• SOURCE DATA:
::::

-- ===== src/Agent/Displays.antt =====
-- crates/is-agent/src/lib.rs and crates/is-input/src/displays.rs: what a machine publishes of itself.
use text.Mathlib.TextEquality.{eq_iff}
use inputshare.Base.{
  and_true, or_true, ℕ, ℤ, Bool, true, false, not, ◌&&◌, Option, none, some, List, [], ◌∷◌, ◌==◌,
  ◌≡◌, refl, sym, ap, ◌∙◌, arith, Each, Bool-cases, ==_iff, inl, inr, if◌then◌else◌, leb_ℤ, length,
}
use inputshare.BTreeMap.{get}
use inputshare.BTreeMap.Laws.{All-get}
use inputshare.Model.{
  present, removed, SlotState, WorkspaceDoc, MachineRecord, MachineSlot, DisplayInfo, Platform, Op,
}
use inputshare.Model.Edits.{edit}
use inputshare.Model.Query.{machine, record_of}
use inputshare.Model.Query.Present.{owned_id}
use inputshare.Model.Invariant.{IsValid, SlotValid}
use inputshare.Store.{Codec, Fault}
use inputshare.Agent.{Agent, record_in, call_net, announce_change, persist, broadcast, NetCall}
use inputshare.Agent.Facts.{same_bool, is_nan, same_scale, same_display, any_differs, differ}
use inputshare.Agent.Commands.{
  Result, ok, err, mutate, upsert_machine, publish_local_facts, is_published, corrected, published,
  same_platform,
}
use inputshare.Agent.Trust.{mutate-Holds, upsert_record}

same_ℤ_refl : (z : ℤ) → (leb_ℤ z z && leb_ℤ z z) ≡ true
same_ℤ_refl z = ground arith

same_bool_refl : (b : Bool) → same_bool b b ≡ true
same_bool_refl true = refl
same_bool_refl false = refl

same_scale_refl : (bits : ℕ) → is_nan bits ≡ false → same_scale bits bits ≡ true
unfolding same_scale
same_scale_refl bits h =
    and_true (not (is_nan bits)) _ (ap not h) (or_true (bits == bits) _ ((==_iff bits bits).1 refl))

same_display_refl : (d : DisplayInfo) → is_nan d.scale_bits ≡ false → same_display d d ≡ true
unfolding same_display
same_display_refl d h =
    let names = and_true _ _ ((eq_iff d.id d.id).1 refl) ((eq_iff d.name d.name).1 refl) in
    let places = and_true _ _ (and_true _ _ names (same_ℤ_refl d.x)) (same_ℤ_refl d.y) in
    let wide = and_true _ _ places ((==_iff d.width d.width).1 refl) in
    let high = and_true _ _ wide ((==_iff d.height d.height).1 refl) in
    and_true _ _ (and_true _ _ high (same_scale_refl d.scale_bits h)) (same_bool_refl d.primary)

any_differs_refl :
    (ds : List DisplayInfo) → Each (λ d. is_nan d.scale_bits ≡ false) ds → any_differs ds ds ≡ false
unfolding any_differs
any_differs_refl [] h = refl
any_differs_refl (d ∷ ds) h = rw (same_display_refl d h.0, any_differs_refl ds h.1) refl

differ_refl :
    (ds : List DisplayInfo) → Each (λ d. is_nan d.scale_bits ≡ false) ds → differ ds ds ≡ false
unfolding differ
differ_refl ds h = rw ((==_iff (length ds) (length ds)).1 refl, any_differs_refl ds h) refl

present_state :
    (st : SlotState) (m : MachineRecord)
    → (elim st [ present k ↦ some k | removed ↦ none ]) ≡ some m
    → st ≡ present m
present_state (present k) m h = cc
present_state removed m h = cc

owner_id :
    (doc : WorkspaceDoc) (id : ℕ) (o : Option MachineSlot) (m : MachineRecord)
    → IsValid doc
    → get doc.machines id ≡ o
    → record_of o ≡ some m
    → m.id ≡ id
owner_id doc id none m v e h = cc
owner_id doc id (some slot) m v e h =
    owned_id id slot.state m (present_state slot.state m h)
      (All-get (SlotValid doc.lamport) doc.machines id slot v.slots e).1

module _ (docs : Codec WorkspaceDoc) where
  same_platform_refl : (p : Platform) → same_platform docs p p ≡ true
  same_platform_refl Platform.windows = refl
  same_platform_refl Platform.mac_os = refl
  same_platform_refl Platform.linux = refl
  same_platform_refl Platform.other = refl

  corrected_published :
      (displays : List DisplayInfo) (platform : Platform) (m : MachineRecord)
      → Each (λ d. is_nan d.scale_bits ≡ false) displays
      → is_published docs displays platform (corrected docs displays platform m) ≡ true
  corrected_published displays platform m h = elim (Bool-cases (differ m.displays displays)) [
    | inl e ↦ rw (e, differ_refl displays h, same_platform_refl platform) refl
    | inr e ↦ rw (e, e, same_platform_refl platform) refl
  ]

  call_net-identity : (c : NetCall) (a : Agent) → (call_net c a).identity ≡ a.identity
  unfolding call_net
  call_net-identity c a = elim (Bool-cases a.net) [ inl e ↦ rw e refl | inr e ↦ rw e refl ]

  mutate-identity :
      (fault : Option Fault) (now_ms : ℕ) (op : Op) (a : Agent) (o : Option WorkspaceDoc)
      → a.doc ≡ o
      → (mutate docs fault now_ms op a).1.identity ≡ a.identity
  unfolding mutate announce_change persist
  mutate-identity fault now_ms op a none e = rw e refl
  mutate-identity fault now_ms op a (some doc) e =
      let made = edit doc a.identity.machine_id now_ms op in
      rw e (
        call_net-identity (broadcast made.1)
          (announce_change (persist docs fault (record a { doc = some made.0 }))))

  module _ (displays : List DisplayInfo) (platform : Platform) where
    nothing_new :
        (fault : Option Fault) (now_ms : ℕ) (a : Agent) (m : MachineRecord)
        → record_in a.doc a.identity.machine_id ≡ some m
        → is_published docs displays platform m ≡ true
        → publish_local_facts docs fault now_ms displays platform a ≡ (ok false, a)
    unfolding publish_local_facts
    nothing_new fault now_ms a m e p = rw (e, publish_local_facts, p) refl

    nobody :
        (fault : Option Fault) (now_ms : ℕ) (a : Agent)
        → record_in a.doc a.identity.machine_id ≡ none
        → publish_local_facts docs fault now_ms displays platform a ≡ (ok false, a)
    unfolding publish_local_facts
    nobody fault now_ms a e = rw (e, publish_local_facts) refl

    newly :
        (fault : Option Fault) (now_ms : ℕ) (a : Agent) (m : MachineRecord)
        → record_in a.doc a.identity.machine_id ≡ some m
        → is_published docs displays platform m ≡ false
        → (publish_local_facts docs fault now_ms displays platform a).1
          ≡ (mutate docs fault now_ms (Op.upsert_machine (corrected docs displays platform m)) a).1
    unfolding publish_local_facts upsert_machine
    newly fault now_ms a m e p =
        rw (e, publish_local_facts, p)
          (published_state
            (mutate docs fault now_ms (Op.upsert_machine (corrected docs displays platform m)) a))
      where
        published_state : (r : Result (Unit {0}) × Agent) → (published docs r).1 ≡ r.1
        published_state (ok done, b) = refl
        published_state (err e, b) = refl

    found_again :
        (a b : Agent) (made : WorkspaceDoc) (k : MachineRecord)
        → b.doc ≡ some made
        → b.identity ≡ a.identity
        → machine made a.identity.machine_id ≡ some k
        → record_in b.doc b.identity.machine_id ≡ some k
    found_again a b made k e f g = rw (e, f) g

    again :
        (fault later : Option Fault) (now_ms then_ms : ℕ) (a : Agent) (doc : WorkspaceDoc)
        (m : MachineRecord)
        → a.doc ≡ some doc
        → Each (λ d. is_nan d.scale_bits ≡ false) displays
        → m.id ≡ a.identity.machine_id
        → (let b =
              (mutate docs fault now_ms
                (Op.upsert_machine (corrected docs displays platform m))
                a).1 in
            publish_local_facts docs later then_ms displays platform b ≡ (ok false, b))
    again fault later now_ms then_ms a doc m e h own =
        let k = corrected docs displays platform m in
        let op = Op.upsert_machine k in
        let b = (mutate docs fault now_ms op a).1 in
        let me = a.identity.machine_id in
        let mine : (k.id == me) ≡ true = (==_iff m.id me).1 own in
        let there : machine (edit doc me now_ms op).0 me ≡ some k =
          upsert_record doc me now_ms k me ∙ ap (λ q. if q then some k else machine doc me) mine in
        let found =
          found_again a b (edit doc me now_ms op).0 k
            (mutate-Holds docs fault now_ms op a doc e).document
            (mutate-identity fault now_ms op a (some doc) e) there in
        nothing_new later then_ms b k found (corrected_published displays platform m h)

    settled :
        (fault later : Option Fault) (now_ms then_ms : ℕ) (a : Agent) (doc : WorkspaceDoc)
        (m : MachineRecord)
        → a.doc ≡ some doc
        → Each (λ d. is_nan d.scale_bits ≡ false) displays
        → m.id ≡ a.identity.machine_id
        → record_in a.doc a.identity.machine_id ≡ some m
        → (let b = (publish_local_facts docs fault now_ms displays platform a).1 in
            publish_local_facts docs later then_ms displays platform b ≡ (ok false, b))
    settled fault later now_ms then_ms a doc m e h own found =
        elim (Bool-cases (is_published docs displays platform m)) [
          | inl p ↦
              rw (nothing_new fault now_ms a m found p) (nothing_new later then_ms a m found p)
          | inr p ↦
              rw (newly fault now_ms a m found p) (again fault later now_ms then_ms a doc m e h own)
        ]

    publish-Each :
        (fault later : Option Fault) (now_ms then_ms : ℕ) (a : Agent) (doc : WorkspaceDoc)
        (o : Option MachineRecord)
        → a.doc ≡ some doc
        → IsValid doc
        → Each (λ d. is_nan d.scale_bits ≡ false) displays
        → record_in a.doc a.identity.machine_id ≡ o
        → (let b = (publish_local_facts docs fault now_ms displays platform a).1 in
            publish_local_facts docs later then_ms displays platform b ≡ (ok false, b))
    unfolding machine
    publish-Each fault later now_ms then_ms a doc none e v h found =
        rw (nobody fault now_ms a found) (nobody later then_ms a found)
    publish-Each fault later now_ms then_ms a doc (some m) e v h found =
        let here : machine doc a.identity.machine_id ≡ some m =
          sym (ap (λ o. record_in o a.identity.machine_id) e) ∙ found in
        let own =
          owner_id doc a.identity.machine_id (get doc.machines a.identity.machine_id) m v refl
            here in
        settled fault later now_ms then_ms a doc m e h own found

  -- Publishing what only this machine knows of itself is done once: with a valid document and screens
  -- whose scales are numbers, a second call with the same screens and platform publishes nothing and
  -- changes nothing.
  pub publish_idem :
      (displays : List DisplayInfo) (platform : Platform) (fault later : Option Fault)
      (now_ms then_ms : ℕ) (a : Agent) (doc : WorkspaceDoc)
      → a.doc ≡ some doc
      → IsValid doc
      → Each (λ d. is_nan d.scale_bits ≡ false) displays
      → (let b = (publish_local_facts docs fault now_ms displays platform a).1 in
          publish_local_facts docs later then_ms displays platform b ≡ (ok false, b))
  publish_idem displays platform fault later now_ms then_ms a doc e v h =
      publish-Each displays platform fault later now_ms then_ms a doc
        (record_in a.doc a.identity.machine_id) e v h refl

::::

• PROBLEM STATEMENT: Give again, word for word, every line of the listing above from the one with "upsert_record doc me" to the one with "(mutate-identity fault now_ms", both inclusive, and nothing beyond them.

• WRITTEN SOLUTION:
          upsert_record doc me now_ms k me ∙ ap (λ q. if q then some k else machine doc me) mine in
        let found =
          found_again a b (edit doc me now_ms op).0 k
            (mutate-Holds docs fault now_ms op a doc e).document
            (mutate-identity fault now_ms op a (some doc) e) there in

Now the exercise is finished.